Проведение параллели между университетами и музеями позволяет вывести еще одну важную в контексте актуальных споров мысль. В поддержании всевозможных, как говорят сегодня, «культурных достопримечательностей», как и большинства типов образования, значительный акцент делается на «доступности» предмета для интересующейся им публики, на гарантии того, что ее не отпугнет его чуждость или сложность. Но этот акцент всегда должен уравновешиваться параллельным требованием – интересным должно быть странное или то, что сначала сложно понять. Это не аргумент в пользу напускной темноты или неприступности, а признание того, что для многих людей сама инаковость определенного предмета (или идеи) может быть причиной его притягательности. Разум увлекается своим делом с большей самоотдачей тогда, когда пытается понять нечто первоначально сопротивляющееся нашим категориям, чем тогда, когда встречает еще один пример уже известного. И если музей может в изрядной степени утратить свою власть над воображением, ограничив коллекцию предметами, которые, как считается, людям легко «понять», точно так же университетский курс может перестать вызывать удивление и стимулировать интеллект, если точка зрения на то, что «важно» или «привлекательно», будет чрезмерно за ужена.

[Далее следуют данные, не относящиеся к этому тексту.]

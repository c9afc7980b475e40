-- ===== src/Runtime/Lifecycle/Safety.antt =====
-- main/app_runtime.c: what starts and stops in any order can lead to.
use mathlib.Core.Bool.{false≢true}
use micro_tech.Prelude.{◌≡◌, sym, ◌∙◌, true, false, ok}
use micro_tech.Runtime.State.{stopped, Flag, Product, Host, Lifecycle, held}
use micro_tech.Runtime.Stop.Progress.{AnswersOk, unwind_progress}
use micro_tech.Runtime.Lifecycle.Cases.{ready_running, is_settled, stop-cases}
use micro_tech.Runtime.Lifecycle.Results.{stop_ok_iff}
use micro_tech.Runtime.Lifecycle.Valid.{Reach-Valid}
use micro_tech.Runtime.Lifecycle.{app_runtime_is_running, app_runtime_stop, Reach}

-- After any calls of the start and of the stop, each with any answers of the services, a service
-- with an ownership flag that a call has acquired and none has given back is owned by the runtime.
pub held_is_owned :
    (product : Product) (l : Lifecycle) (f : Flag)
    → Reach product l
    → held f l.runtime.log ≡ true
    → l.runtime.owned f ≡ true
held_is_owned product l f r h = (Reach-Valid product l r).accounted f h

-- After any calls of the start and of the stop, each with any answers of the services, no service
-- with an ownership flag is held in the state `stopped`.
pub stopped_holds_nothing :
    (product : Product) (l : Lifecycle) (f : Flag)
    → Reach product l
    → l.state ≡ stopped
    → held f l.runtime.log ≡ false
stopped_holds_nothing product l f r e = (Reach-Valid product l r).clean e f

-- After any calls of the start and of the stop, each with any answers of the services, standby
-- requests are admitted only while the runtime runs.
pub admitted_is_running :
    (product : Product) (l : Lifecycle)
    → Reach product l
    → l.admitted ≡ true
    → app_runtime_is_running l ≡ true
admitted_is_running product l r h = ready_running l ((Reach-Valid product l r).gated h)

-- A stop that finds neither a start nor a stop in progress, and all of whose calls succeed, succeeds
-- and ends in the state `stopped`.
pub stop_progress :
    (product : Product) (host : Host) (l : Lifecycle)
    → is_settled l.state ≡ true
    → AnswersOk host
    → ((app_runtime_stop product host l).0 ≡ ok)
      × ((app_runtime_stop product host l).1.state ≡ stopped)
stop_progress product host l settled all = ((stop_ok_iff product host l).1 at_end, at_end)
  where
    at_end : (app_runtime_stop product host l).1.state ≡ stopped
    at_end =
        stop-cases product host l (λ x. x.1.state ≡ stopped) (λ e. e)
          (λ n. absurd (false≢true (sym n ∙ settled))) (unwind_progress product host all l)
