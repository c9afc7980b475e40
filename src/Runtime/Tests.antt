-- ===== src/Runtime/Tests.antt =====
-- main/app_runtime.c: starts and stops on concrete hosts.
use micro_tech.Prelude.{List, [], ◌∷◌, none, some, ◌≡◌, ◌↔◌, ◌⊎◌, refl, ap, true, false, ok, fail}
use micro_tech.Runtime.State.{
  stopped, ready, cleanup_pending, music, release_and_deinit, reset_pending, Product, Host,
  Lifecycle, same, held,
}
use micro_tech.Runtime.Action.{
  sequence, when, choose, if_owned, set_owned, set_aux, set_sleeps, set_reset_pending, must,
  tolerate, try_call, ask, check, if_reset_pending, return_result,
}
use micro_tech.Runtime.Stop.{unwind}
use micro_tech.Runtime.Stop.Unwind.{unwind_result}
use micro_tech.Runtime.Start.{
  start_foundations, start_platform, start_app_services, start_connectivity, start_device_link,
  start_initial_app, start_deferred_wifi, start_phases,
}
use micro_tech.Runtime.Lifecycle.{
  init, fresh, launch, app_runtime_stop, app_runtime_start, app_runtime_is_running, Reach, at_boot,
  start, stop,
}
use micro_tech.Runtime.Apps.{mark_all, mark, all_found, same_text, App, required_apps_present}
use micro_tech.Runtime.Lifecycle.Cases.{is_settled}
use micro_tech.Runtime.Lifecycle.Results.{start_ok_iff}
use micro_tech.Runtime.Lifecycle.Safety.{
  held_is_owned, stopped_holds_nothing, admitted_is_running, stop_progress,
}

abbrev full : Product
full = record {
  radio_enabled = true;
  radio_optional = false;
  hosted_radio = true;
  benchmark = true;
}

-- Every call succeeds, every part of the board is there, and no factory reset is pending.
abbrev willing : Host
willing = record {
  reply = λ log c. ok;
  answer = λ log q. elim q [ reset_pending ↦ false | _ ↦ true ];
}

-- The board cannot be released.
abbrev stuck : Host
stuck = record {
  reply = λ log c. elim c [ release_and_deinit ↦ fail | _ ↦ ok ];
  answer = λ log q. true;
}

abbrev started : Lifecycle
started = (app_runtime_start full willing init).1

started-Reach : Reach full started
started-Reach = start willing at_boot

-- The start succeeds; the runtime is ready, standby is admitted and music is held.
started_facts :
    (started.state ≡ ready) × (started.admitted ≡ true) × (held music started.runtime.log ≡ true)
unfolding app_runtime_start launch fresh start_phases start_foundations start_platform
    start_app_services start_connectivity start_device_link start_initial_app start_deferred_wifi
    sequence when choose if_owned set_owned set_aux set_sleeps set_reset_pending must tolerate
    try_call ask check if_reset_pending return_result same held
started_facts = (refl, refl, refl)

held_is_owned_example : started.runtime.owned music ≡ true
held_is_owned_example = held_is_owned full started music started-Reach started_facts.2

admitted_is_running_example : app_runtime_is_running started ≡ true
admitted_is_running_example = admitted_is_running full started started-Reach started_facts.1

stop_progress_example :
    ((app_runtime_stop full willing started).0 ≡ ok)
    × ((app_runtime_stop full willing started).1.state ≡ stopped)
stop_progress_example =
    stop_progress full willing started (ap is_settled started_facts.0) (λ log c. refl)

stopped_holds_nothing_example :
    held music (app_runtime_stop full willing started).1.runtime.log ≡ false
stopped_holds_nothing_example =
    stopped_holds_nothing full (app_runtime_stop full willing started).1 music
      (stop willing started-Reach)
      (stop_progress full willing started (ap is_settled started_facts.0) (λ log c. refl)).1

start_ok_iff_example :
    ((app_runtime_start full stuck init).0 ≡ ok)
    ↔ (app_runtime_is_running (app_runtime_start full stuck init).1 ≡ true)
start_ok_iff_example = start_ok_iff full stuck init

unwind_result_example :
    ((unwind full stuck started).1.admitted ≡ false)
    × (((unwind full stuck started).1.state ≡ stopped)
        ⊎ ((unwind full stuck started).1.state ≡ cleanup_pending))
    × (((unwind full stuck started).0 ≡ ok) ↔ ((unwind full stuck started).1.state ≡ stopped))
unwind_result_example = unwind_result full stuck started

-- Two apps with the same id, the later one without a root page, and one without an id.
abbrev builtin_apps : List App
builtin_apps =
    record { id = some (1 ∷ 2 ∷ []); root_page_id = some (7 ∷ []) }
    ∷ record { id = none; root_page_id = some [] }
    ∷ record { id = some (3 ∷ []); root_page_id = some [] }
    ∷ record { id = some (1 ∷ 2 ∷ []); root_page_id = none }
    ∷ []

-- The later app with the id 1 2 counts.
required_apps_run : required_apps_present builtin_apps ((3 ∷ []) ∷ (1 ∷ 2 ∷ []) ∷ []) ≡ false
unfolding required_apps_present mark_all mark all_found same_text
required_apps_run = refl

Когда речь идет о расширении познания – кому бы оно ни принадлежало, индивиду на определенном этапе его созревания или же обществу в определенной точке его исторического развития, – мы должны оставить место для сложного и чуждого, не занижая образовательное влияние, оказываемое и на воображение, и на разум необработанными и неподатливыми осадками пространства и времени.

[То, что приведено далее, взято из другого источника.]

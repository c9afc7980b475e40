-- ===== src/Sim.antt =====
-- The parts of the simulator (sim/ports) that hold logic of their own.
pub mod Base64
pub mod Nvs
pub mod Freertos
pub mod Assets
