-- ===== src/Sim/Assets.antt =====
-- sim/ports/sim_mmap_assets.c: the checksum of the staged files, and the access to a file by its index
-- or its name.
pub mod Checksum
pub mod Names
mod Tests
use micro_tech.Prelude.{
  ℕ, zero, suc, ◌+◌, ◌*◌, ◌/◌, ◌%◌, ◌^◌, Bool, true, false, not, ◌&&◌, ◌||◌, Option, none, some,
  List, [], ◌∷◌, length, ltb, ◌==◌, if◌then◌else◌, EspErr, ok, invalid_crc,
}

-- `sim_asset_t`: the bytes of the name, up to its 0, and those of the file; `size` is the length of
-- `data`.
pub record Asset : Type 0 where
  pub name : List ℕ
  pub data_bytes : List ℕ

-- `actual_max`, from what it is so far.
unfoldable pub longest : ℕ → List Asset → ℕ
longest so_far [] = so_far
longest so_far (a ∷ set) =
    longest (if ltb so_far (length a.name) then length a.name else so_far) set

-- `(actual_max + 1U + 3U) & ~(size_t)3U`
abbrev pub padded : ℕ → ℕ
padded actual_max = (actual_max + 1 + 3) / 4 * 4

-- `sum += b` on a `uint32_t`
abbrev pub add_byte : ℕ → ℕ → ℕ
add_byte sum b = (sum + b) % 2 ^ 32

-- The loop over the name, padded with 0; the number is how far it still goes.
unfoldable pub sum_name : ℕ → List ℕ → ℕ → ℕ
sum_name zero name sum = sum
sum_name (suc n) [] sum = sum_name n [] (add_byte sum 0)
sum_name (suc n) (c ∷ name) sum = sum_name n name (add_byte sum c)

-- The turn of the loop over the fields.
unfoldable pub sum_field : ℕ → ℕ → ℕ
sum_field field sum =
    let sum0 = add_byte sum (field % 256) in
    let sum1 = add_byte sum0 (field / 256 % 256) in
    let sum2 = add_byte sum1 (field / 65536 % 256) in add_byte sum2 (field / 16777216 % 256)

-- The loop over the bytes of the file.
unfoldable pub sum_data : List ℕ → ℕ → ℕ
sum_data [] sum = sum
sum_data (b ∷ bytes) sum = sum_data bytes (add_byte sum b)

-- One turn of the loop over the files, with `running` and `sum`.
unfoldable pub sum_asset : ℕ → Asset → ℕ → ℕ → ℕ
sum_asset name_len a running sum =
    let named = sum_name name_len a.name sum in
    let size_field = sum_field (length a.data_bytes % 2 ^ 32) named in
    let offset_field = sum_field (running % 2 ^ 32) size_field in
    let fields = sum_field 0 (sum_field 0 offset_field) in
    sum_data a.data_bytes (add_byte (add_byte fields 90) 90)

unfoldable pub sum_loop : ℕ → List Asset → ℕ → ℕ → ℕ
sum_loop name_len [] running sum = sum
sum_loop name_len (a ∷ set) running sum =
    sum_loop name_len set ((running + (length a.data_bytes + 2)) % 2 ^ 64)
      (sum_asset name_len a running sum)

-- `_verify_checksum`
unfoldable pub verify_checksum : List Asset → ℕ → ℕ → EspErr
verify_checksum set expect expect_count =
    let sum = sum_loop (padded (longest 0 set)) set 0 0 in
    if not (length set == expect_count) || not (sum % 2 ^ 16 == expect % 2 ^ 16)
    then invalid_crc
    else ok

Существуют и другие типы университетов, которые, возможно, указывают на сходство с рядом совершенно иных организаций – аналитических центров, комплексов исполнительского искусства, учреждений профессионально-технического обучения, а также спортивных клубов, домов культуры и брачных агентств. Кроме того, как нам часто напоминают сегодня, университеты – это крупные работодатели и один из основных источников процветания экономики, которая их поддерживает. Однако во всех этих сравнениях мы хватаемся за случайные или несущественные черты университетов, за функции, которые были в какой-то момент пристегнуты к их основным задачам, состоящим в расширении границ познания за счет преподавания и исследования. Часто отмечалось, что в некоторых крупных американских университетах, гордых своими спортивными традициями, тренер по футболу получает больше ректора университета. Легко понять, как это связано с зависимостью таких университетов от поддержки и щедрости выпускников и спонсоров, а также с той ролью, которую спортивный успех играет в поддержании особой разновидности местного патриотизма. Если занять точку зрения другой культуры, сложно не увидеть в этом еще одну патологию системной маркетизации, но, как мне кажется, в любом случае вряд ли кто-то возьмется утверждать, что футбол или какой-то иной вид спорта объясняет, зачем нужны университеты, или каким-то образом определяет их особый характер. То же самое можно сказать и о других случайных или несущественных чертах университетов, которые выделяются расхожими метафорами или аналогиями: их отличительное свойство заключается не в том, что они – крупные работодатели, генераторы дочерних компаний, политконсалтинговые фирмы, и не в том, что они могут играть роль центров развития молодых спортивных дарований или поставщиков дешевого пива. Современный мультиверситет, как указывает сам этот ярлык, включает широкий спектр различных видов деятельности, но это не означает, что мы не можем провести различие между ключевыми функциями университета и, с одной стороны, вторичными видами деятельности, скопившимися вокруг смыслового ядра, а с другой – теми социальными и экономическими эффектами, которые являются побочными продуктами или косвенными следствиями их главной цели.
3
Но можно ли и в самом деле сохранить эту главную цель, когда мир, в том числе и высшего образования, так быстро меняется? Рано или поздно этот вопрос, поставленный в той или иной форме, потребует ответа: осознание ускорившегося ритма социально-экономических изменений является, судя по всему, одной из определяющих характеристик современной рефлексии. В действительности нечто похожее можно было сказать и о прежних поколениях; они тоже думали, что в их эпоху изменения ускорились, а потому старые истины были поставлены под сомнение. Тем не менее к этому вопросу сначала нужно подойти без оглядки на подобные сравнения. Если мы спрашиваем, зачем нужны университеты, не следует ли нам признать, что их цель и природа радикально изменились под воздействием глобализации? Не должны ли мы перестать мыслить в категориях европейского идеала XIX в. и сосредоточиться, напротив, на том, почему наиболее мощной реализацией идеи университета в XXI в. становится азиатское воплощение американизированной версии европейской модели, так что на первый план выходят технологические, медицинские и бизнес-школы?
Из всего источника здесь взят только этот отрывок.